Task instructions: Return, from the data that follows, each line that holds the word "lift".

---+---

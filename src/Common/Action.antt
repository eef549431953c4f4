-- ===== src/Common/Action.antt =====
-- Errors as values, and code that changes a store and may fail: common/error.go, common/message.go.
-- What was written before an error stays written, so the store comes back beside the error too.
use Prim.Native.String.{String}
use mathlib.Core.Path.{◌≡◌, refl, ap, subst₂}
use mathlib.Core.List.{List}

-- The codes that the modelled code raises.
pub data Code : Type 0 where
  resource_not_found app_name_conflict volume_not_found_when_mount request_param_invalid : Code
  license_quota node_not_ready volume_type resource_invisible resource_has_been_used : Code
  app_referenced_by_node data_too_large unknown : Code

-- `coded` is common.Error with its fields; `plain` is any other error, with its text.
pub data Error : Type 0 where
  coded : Code → List (String × String) → Error
  plain : String → Error

-- `panicked` is a run-time panic.
pub data Result {ℓ} (A : Type ℓ) : Type ℓ where
  ok : A → Result A
  err : Error → Result A
  panicked : Result A

abbrev value_or {ℓ} : {A : Type ℓ} → A → Result A → A
value_or d (ok a) = a
value_or d (err e) = d
value_or d panicked = d

pub ok-injective {ℓ} : {A : Type ℓ} {a b : A} → ok a ≡ ok b → a ≡ b
ok-injective {a} h = ap (value_or a) h

abbrev pub Action {ℓ} : Type ℓ → Type ℓ → Type ℓ
Action S A = S → Result A × S

module _ {ℓ} {S A : Type ℓ} where
  abbrev pub pure : A → Action S A
  pure a s = (ok a, s)

  abbrev pub raise : Error → Action S A
  raise e s = (err e, s)

  abbrev pub lift : Result A → Action S A
  lift r s = (r, s)

  abbrev pub panic : Action S A
  panic s = (panicked, s)

module _ {ℓ} {S A B : Type ℓ} where
  abbrev pub and_then : Result A × S → (A → Action S B) → Result B × S
  and_then (ok a, s) f = f a s
  and_then (err e, s) f = (err e, s)
  and_then (panicked, s) f = (panicked, s)

  infixl 5 ◌>>=◌ ◌>>◌
  abbrev pub ◌>>=◌ : Action S A → (A → Action S B) → Action S B
  ◌>>=◌ m f s = and_then (m s) f

  abbrev pub ◌>>◌ : Action S A → Action S B → Action S B
  m >> k = m >>= λ _. k

  -- Runs `m` and hands its error to `handler`.
  abbrev pub on_result : Result A × S → (A → Action S B) → (Error → Action S B) → Result B × S
  on_result (ok a, s) f g = f a s
  on_result (err e, s) f g = g e s
  on_result (panicked, s) f g = (panicked, s)

  -- `a, err := m; if err != nil { g } else { f }`
  abbrev pub attempt : Action S A → (A → Action S B) → (Error → Action S B) → Action S B
  attempt m f g s = on_result (m s) f g

  -- Inversion of a chain that returned.
  pub >>=-eq-ok :
      (m : Action S A) (f : A → Action S B) (s : S) {b : B} {t : S}
      → (m >>= f) s ≡ (ok b, t)
      → (a : A) × (u : S) × (m s ≡ (ok a, u)) × (f a u ≡ (ok b, t))
  >>=-eq-ok m f s h = go (m s) refl h
    where
      go :
          (r : Result A × S) {b : B} {t : S}
          → m s ≡ r
          → and_then r f ≡ (ok b, t)
          → (a : A) × (u : S) × (m s ≡ (ok a, u)) × (f a u ≡ (ok b, t))
      go (ok a, u) e h' = (a, u, e, h')
      go (err x, u) e h' = cc
      go (panicked, u) e h' = cc

module _ {ℓ κ} {S A : Type ℓ} where
  -- `P` holds of the value and the store of a run that returned.
  abbrev pub Ensures : (A → S → Type κ) → Result A × S → Type (ℓ ⊔ κ)
  Ensures P r = (a : A) (t : S) → r ≡ (ok a, t) → P a t

  pub Ensures-pure : (P : A → S → Type κ) (a : A) (s : S) → P a s → Ensures P (pure a s)
  Ensures-pure P a s h b t e = subst₂ P (ok-injective (ap (λ p. p.0) e)) (ap (λ p. p.1) e) h

module _ {ℓ κ μ} {S A B : Type ℓ} where
  -- The rule for a chain: what the first part ensures is given to the rest.
  pub Ensures-bind :
      (Q : A → S → Type κ) (P : B → S → Type μ) (m : Action S A) (f : A → Action S B) (s : S)
      → Ensures Q (m s)
      → ((a : A) (u : S) → Q a u → Ensures P (f a u))
      → Ensures P ((m >>= f) s)
  Ensures-bind Q P m f s hm hf b t e =
      let (a, u, first, rest) = >>=-eq-ok m f s e in hf a u (hm a u first) b t rest

  pub Ensures-attempt :
      (P : B → S → Type μ) (m : Action S A) (f : A → Action S B) (g : Error → Action S B) (s : S)
      → ((a : A) (u : S) → m s ≡ (ok a, u) → Ensures P (f a u))
      → ((x : Error) (u : S) → m s ≡ (err x, u) → Ensures P (g x u))
      → Ensures P (attempt m f g s)
  Ensures-attempt P m f g s hf hg = go (m s) refl
    where
      go : (r : Result A × S) → m s ≡ r → Ensures P (on_result r f g)
      go (ok a, u) e = hf a u e
      go (err x, u) e = hg x u e
      go (panicked, u) e = λ b t e'. cc e'
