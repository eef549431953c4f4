-- ===== src/Common/Dict.antt =====
-- Go's maps with text keys, as association lists. A loop over a map takes the entries in the
-- order of the list; the theorems hold for every list, so for every order.
use Prim.Native.String.{String}
use mathlib.Core.Path.{◌≡◌}
use mathlib.Core.Option.{Option, none, some}
use mathlib.Core.List.{List, [], ◌∷◌}
use native.Mathlib.Omega.{arith}
use text.Mathlib.Text.{◌==◌}
use text.Mathlib.TextEquality.{eq_iff}
use baetyl_cloud.Common.Tests.{if◌then◌else◌}

abbrev pub Dict {ℓ} : Type ℓ → Type ℓ
Dict V = List (String × V)

module _ {ℓ} {V : Type ℓ} where
  -- v, ok := m[key]
  unfoldable pub lookup : String → Dict V → Option V
  lookup key [] = none
  lookup key (e ∷ es) = let later = lookup key es in if e.0 == key then some e.1 else later

  -- m[key] = value
  unfoldable pub insert : String → V → Dict V → Dict V
  insert key value [] = (key, value) ∷ []
  insert key value (e ∷ es) =
      let rest = insert key value es in if e.0 == key then (key, value) ∷ es else e ∷ rest

  -- delete(m, key)
  unfoldable pub erase : String → Dict V → Dict V
  erase key [] = []
  erase key (e ∷ es) = let rest = erase key es in if e.0 == key then rest else e ∷ rest

  pub lookup-insert :
      (key other : String) (value : V) (es : Dict V)
      → lookup other (insert key value es) ≡ (if key == other then some value else lookup other es)
  unfolding lookup insert
  lookup-insert key other value [] = ground arith
  lookup-insert key other value (e ∷ es) =
      ground (
        arith,
        lookup-insert key other value es,
        eq_iff key other,
        eq_iff e.0 other,
        eq_iff e.0 key,
      )

  pub lookup-erase :
      (key other : String) (es : Dict V)
      → lookup other (erase key es) ≡ (if key == other then none else lookup other es)
  unfolding lookup erase
  lookup-erase key other [] = ground arith
  lookup-erase key other (e ∷ es) =
      ground (arith, lookup-erase key other es, eq_iff key other, eq_iff e.0 other, eq_iff e.0 key)
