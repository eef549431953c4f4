-- ===== src/Spec.antt =====
-- The types of github.com/baetyl/baetyl-go/v2/spec/v1 that the services pass around, with the
-- fields that the modelled code reads or writes. A nil pointer is `none`.
pub mod Desire
use baetyl_cloud.Common.{ℕ, String, Bool, Option, List}
use baetyl_cloud.Common.Dict.{Dict}

pub record ObjectReference : Type 0 where
  pub name : String
  pub version : String

pub record Volume : Type 0 where
  pub name : String
  pub config : Option ObjectReference
  pub secret : Option ObjectReference

pub record Service : Type 0 where
  pub name : String
  pub volume_mounts : List String

pub data CronStatus : Type 0 where
  cron_not_set cron_wait cron_finished : CronStatus

pub record Application : Type 0 where
  pub name : String
  pub namespace : String
  pub version : String
  pub selector : String
  pub system : Bool
  pub cron_status : CronStatus
  pub cron_time : ℕ
  pub services : List Service
  pub volumes : List Volume

pub record Configuration : Type 0 where
  pub name : String
  pub namespace : String
  pub version : String
  pub labels : Dict String
  pub entries : Dict String
  pub description : String
  pub update_timestamp : ℕ
  pub creation_timestamp : ℕ
  pub system : Bool

pub record Secret : Type 0 where
  pub name : String
  pub namespace : String
  pub version : String

pub record AppInfo : Type 0 where
  pub name : String
  pub version : String

-- What stands in a desire or a report under a key: lists of applications, node properties (a
-- value that is nil is `none`), a time, a string, or anything else by its text.
pub data Value : Type 0 where
  apps : List AppInfo → Value
  props : Dict (Option String) → Value
  times : Dict ℕ → Value
  time : ℕ → Value
  str : String → Value
  other : String → Value

pub record Node : Type 0 where
  pub name : String
  pub namespace : String
  pub version : String
  pub labels : Dict String
  pub cluster : Bool
  pub attributes : Option (Dict Value)
  pub report : Option (Dict Value)
  pub desire : Option (Dict Value)
  pub creation_timestamp : ℕ
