-- ===== src/Api.antt =====
-- api/application.go and models/application.go: the requests on applications. The types of
-- specV1 stand here with the fields that api/ reads or writes.
pub mod Compatible
pub mod Ports
pub mod Native
pub mod Functions
pub mod Conversion
pub mod Secrets
pub mod Validation
pub mod Parsing
pub mod Handlers
use baetyl_cloud.Common.{ℕ, String, Bool, Option, List}
use baetyl_cloud.Common.Action.{Error, Result, Action}
use baetyl_cloud.Common.Dict.{Dict}
use baetyl_cloud.Common.Integers.{ℤ}
use baetyl_cloud.Spec.{ObjectReference, CronStatus, Configuration}

-- specV1.ContainerPort; the ports are int32.
pub record ContainerPort : Type 0 where
  pub container_port : ℤ
  pub host_port : ℤ
  pub node_port : ℤ
  pub protocol : String
  pub service_type : String

pub record VolumeMount : Type 0 where
  pub name : String
  pub mount_path : String
  pub read_only : Bool
  pub immutable : Bool

-- specV1.AppJobConfig and specV1.ServiceJobConfig
pub record JobConfig : Type 0 where
  pub completions : ℤ
  pub parallelism : ℤ
  pub backoff_limit : ℤ
  pub restart_policy : String

-- specV1.ServiceFunctionConfig
pub record FunctionConfig : Type 0 where
  pub runtime : String

-- specV1.Service; a function of `functions` stands by its text.
pub record Service : Type 0 where
  pub name : String
  pub image : String
  pub workload : String
  pub host_network : Bool
  pub replica : ℤ
  pub job_config : Option JobConfig
  pub volume_mounts : List VolumeMount
  pub ports : List ContainerPort
  pub function_config : Option FunctionConfig
  pub functions : Option (List String)

-- models.ServiceView, which embeds a service.
pub record ServiceView : Type 0 where
  pub service : Service
  pub program_config : String

-- specV1.Volume; the other sources of a volume stand by their texts.
pub record Volume : Type 0 where
  pub name : String
  pub host_path : Option String
  pub config : Option ObjectReference
  pub secret : Option ObjectReference
  pub empty_dir : Option String

-- models.VolumeView
pub record VolumeView : Type 0 where
  pub name : String
  pub host_path : Option String
  pub config : Option ObjectReference
  pub secret : Option ObjectReference
  pub empty_dir : Option String
  pub certificate : Option ObjectReference

-- models.RegistryView
pub record RegistryView : Type 0 where
  pub name : String
  pub address : String
  pub username : String

-- specV1.AutoScaleCfg; of a metric the name of its resource, if there is one.
pub record AutoScale : Type 0 where
  pub min_replicas : ℤ
  pub max_replicas : ℤ
  pub metrics : List (Option String)

-- specV1.Application
pub record Application : Type 0 where
  pub name : String
  pub namespace : String
  pub version : String
  pub mode : String
  pub app_type : String
  pub labels : Dict String
  pub selector : String
  pub system : Bool
  pub cron_status : CronStatus
  pub cron_time : ℕ
  pub creation_timestamp : ℕ
  pub services : List Service
  pub init_services : List Service
  pub volumes : List Volume
  pub host_network : Bool
  pub replica : ℤ
  pub workload : String
  pub job_config : Option JobConfig
  pub ota : String
  pub auto_scale : Option AutoScale

-- models.ApplicationView
pub record ApplicationView : Type 0 where
  pub name : String
  pub namespace : String
  pub version : String
  pub mode : String
  pub app_type : String
  pub labels : Dict String
  pub selector : String
  pub system : Bool
  pub cron_status : CronStatus
  pub cron_time : ℕ
  pub creation_timestamp : ℕ
  pub services : List ServiceView
  pub init_services : List ServiceView
  pub volumes : List VolumeView
  pub registries : List RegistryView
  pub host_network : Bool
  pub replica : ℤ
  pub workload : String
  pub job_config : Option JobConfig
  pub ota : String
  pub auto_scale : Option AutoScale

-- The part of specV1.Secret that api/ reads; its data stand in a registry by FromSecretToRegistry.
pub record SecretInfo : Type 0 where
  pub name : String
  pub labels : Dict String
  pub registry : RegistryView

-- What the handlers call: the services, the facade, the copies of github.com/jinzhu/copier
-- between an application and its view, json, the clock, and constants and the validator of
-- baetyl-go.
pub record AppServices (S : Type 0) : Type 0 where
  pub app_get : String → String → String → Action S Application
  pub config_get : String → String → Action S Configuration
  pub secret_get : String → String → Action S SecretInfo
  pub list_nodes_by_app : String → String → Action S (List String)
  pub list_runtimes : Action S (Dict String)
  pub unmarshal_template : String → Dict String → Action S Configuration
  pub facade_get_app : String → String → String → Action S Application
  pub facade_create_app :
      String → Option Application → Application → List Configuration → Action S Application
  pub facade_update_app :
      String → Application → Application → List Configuration → Action S Application
  pub facade_delete_app : String → String → Application → Action S (Unit {0})
  pub copy_view : ApplicationView → Application
  pub copy_app : Application → ApplicationView
  pub encode_functions : Option (List String) → Result String
  pub decode_functions : String → Result (Option (List String))
  pub rand_string : Action S String
  pub now : Action S ℕ
  pub to_lower : String → String
  pub trim_space : String → String
  pub byte_length : String → ℕ
  pub error_text : Error → String
  pub secret_label : String
  pub secret_registry : String
  pub secret_certificate : String
  pub custom_app_ns_label : String
  pub edge_system_namespace : String
  pub edge_namespace : String
  pub valid_svc_name : String → Result (Unit {0})
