-- ===== src/Api/Compatible.antt =====
-- compatibleAppDeprecatedField: what an application and its services say of the workload, the
-- network, the replicas and the job, brought together.
use baetyl_cloud.Common.{
  String, Bool, true, false, not, ◌&&◌, Option, none, some, List, [], ◌∷◌, map, ◌==◌, if◌then◌else◌,
}
use baetyl_cloud.Common.Integers.{ℤ, pos, is_zero}
use baetyl_cloud.Api.{JobConfig, Service, ServiceView, ApplicationView}

-- The change of a service in the view of each service.
abbrev pub in_service : (Service → Service) → ServiceView → ServiceView
in_service f v = record v { service = f v.service }

abbrev pub on_services : (Service → Service) → ApplicationView → ApplicationView
on_services f app = record app { services = map (in_service f) app.services }

abbrev pub first_service : List ServiceView → Option Service
first_service [] = none
first_service (v ∷ vs) = some v.service

abbrev workload_or : String → Option Service → String
workload_or d none = d
workload_or d (some s) = if s.workload == "" then d else s.workload

abbrev fill_workload : String → Service → Service
fill_workload w s = if s.workload == "" then record s { workload = w } else s

-- Workload
unfoldable pub with_workload : ApplicationView → ApplicationView
with_workload app =
    if app.workload == ""
    then record app { workload = workload_or "deployment" (first_service app.services) }
    else on_services (fill_workload app.workload) app

abbrev has_host_network : Option Service → Bool
has_host_network none = false
has_host_network (some s) = s.host_network

-- HostNetwork
unfoldable pub with_host_network : ApplicationView → ApplicationView
with_host_network app =
    if not app.host_network && has_host_network (first_service app.services)
    then record app { host_network = true }
    else if app.host_network
    then on_services (λ s. record s { host_network = true }) app
    else app

abbrev replica_or : ℤ → Option Service → ℤ
replica_or d none = d
replica_or d (some s) = if is_zero s.replica then d else s.replica

abbrev fill_replica : ℤ → Service → Service
fill_replica n s = if is_zero s.replica then record s { replica = n } else s

-- Replica
unfoldable pub with_replica : ApplicationView → ApplicationView
with_replica app =
    if is_zero app.replica
    then record app { replica = replica_or app.replica (first_service app.services) }
    else on_services (fill_replica app.replica) app

abbrev pub has_policy : Option JobConfig → Bool
has_policy none = false
has_policy (some j) = not (j.restart_policy == "")

abbrev fill_job : JobConfig → Service → Service
fill_job j s = if has_policy s.job_config then s else record s { job_config = some j }

abbrev job_of : Option Service → Option JobConfig
job_of none = none
job_of (some s) = s.job_config

abbrev never : JobConfig
never = record {
  completions = pos 0;
  parallelism = pos 0;
  backoff_limit = pos 0;
  restart_policy = "Never";
}

abbrev take_job : Option JobConfig → ApplicationView → ApplicationView
take_job (some j) app = record app { job_config = some j }
take_job none app = on_services (fill_job never) (record app { job_config = some never })

abbrev give_job : Option JobConfig → ApplicationView → ApplicationView
give_job none app = app
give_job (some j) app = on_services (fill_job j) app

-- JobConfig
unfoldable pub with_job : ApplicationView → ApplicationView
with_job app =
    if has_policy app.job_config
    then give_job app.job_config app
    else take_job (job_of (first_service app.services)) app

-- compatibleAppDeprecatedField
unfoldable pub compatible_app_deprecated_field : ApplicationView → ApplicationView
compatible_app_deprecated_field app =
    with_job (with_replica (with_host_network (with_workload app)))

---+---

Answer to this task:
  abbrev pub lift : Result A → Action S A
  lift r s = (r, s)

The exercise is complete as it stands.